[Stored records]
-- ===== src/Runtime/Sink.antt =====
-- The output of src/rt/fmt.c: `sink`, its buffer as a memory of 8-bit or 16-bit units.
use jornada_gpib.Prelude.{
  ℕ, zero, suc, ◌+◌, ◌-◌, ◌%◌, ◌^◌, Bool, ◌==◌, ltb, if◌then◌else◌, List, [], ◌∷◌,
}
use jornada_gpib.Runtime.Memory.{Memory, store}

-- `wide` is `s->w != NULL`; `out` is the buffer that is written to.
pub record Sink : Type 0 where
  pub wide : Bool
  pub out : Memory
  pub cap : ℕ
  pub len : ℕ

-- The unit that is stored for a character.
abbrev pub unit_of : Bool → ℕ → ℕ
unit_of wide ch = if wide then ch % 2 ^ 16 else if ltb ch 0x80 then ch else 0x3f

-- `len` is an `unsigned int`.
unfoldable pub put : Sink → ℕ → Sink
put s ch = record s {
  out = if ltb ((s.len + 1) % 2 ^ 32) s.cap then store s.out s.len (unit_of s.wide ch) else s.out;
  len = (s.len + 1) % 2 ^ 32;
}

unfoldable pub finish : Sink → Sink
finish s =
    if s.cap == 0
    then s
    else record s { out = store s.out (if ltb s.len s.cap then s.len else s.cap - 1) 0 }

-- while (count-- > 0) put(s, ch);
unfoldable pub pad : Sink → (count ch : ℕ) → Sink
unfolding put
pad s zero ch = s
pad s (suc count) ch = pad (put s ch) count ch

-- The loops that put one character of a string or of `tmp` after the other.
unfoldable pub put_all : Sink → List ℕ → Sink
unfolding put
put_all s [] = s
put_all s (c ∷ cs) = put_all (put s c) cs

__WHAT IS NEEDED__.
Quote every line of the data, word for word.

__EXERCISE SOLUTION__.
-- ===== src/Runtime/Sink.antt =====
-- The output of src/rt/fmt.c: `sink`, its buffer as a memory of 8-bit or 16-bit units.
use jornada_gpib.Prelude.{
  ℕ, zero, suc, ◌+◌, ◌-◌, ◌%◌, ◌^◌, Bool, ◌==◌, ltb, if◌then◌else◌, List, [], ◌∷◌,
}
use jornada_gpib.Runtime.Memory.{Memory, store}

-- `wide` is `s->w != NULL`; `out` is the buffer that is written to.
pub record Sink : Type 0 where
  pub wide : Bool
  pub out : Memory
  pub cap : ℕ
  pub len : ℕ

-- The unit that is stored for a character.
abbrev pub unit_of : Bool → ℕ → ℕ
unit_of wide ch = if wide then ch % 2 ^ 16 else if ltb ch 0x80 then ch else 0x3f

-- `len` is an `unsigned int`.
unfoldable pub put : Sink → ℕ → Sink
put s ch = record s {
  out = if ltb ((s.len + 1) % 2 ^ 32) s.cap then store s.out s.len (unit_of s.wide ch) else s.out;
  len = (s.len + 1) % 2 ^ 32;
}

unfoldable pub finish : Sink → Sink
finish s =
    if s.cap == 0
    then s
    else record s { out = store s.out (if ltb s.len s.cap then s.len else s.cap - 1) 0 }

-- while (count-- > 0) put(s, ch);
unfoldable pub pad : Sink → (count ch : ℕ) → Sink
unfolding put
pad s zero ch = s
pad s (suc count) ch = pad (put s ch) count ch

-- The loops that put one character of a string or of `tmp` after the other.
unfoldable pub put_all : Sink → List ℕ → Sink
unfolding put
put_all s [] = s
put_all s (c ∷ cs) = put_all (put s c) cs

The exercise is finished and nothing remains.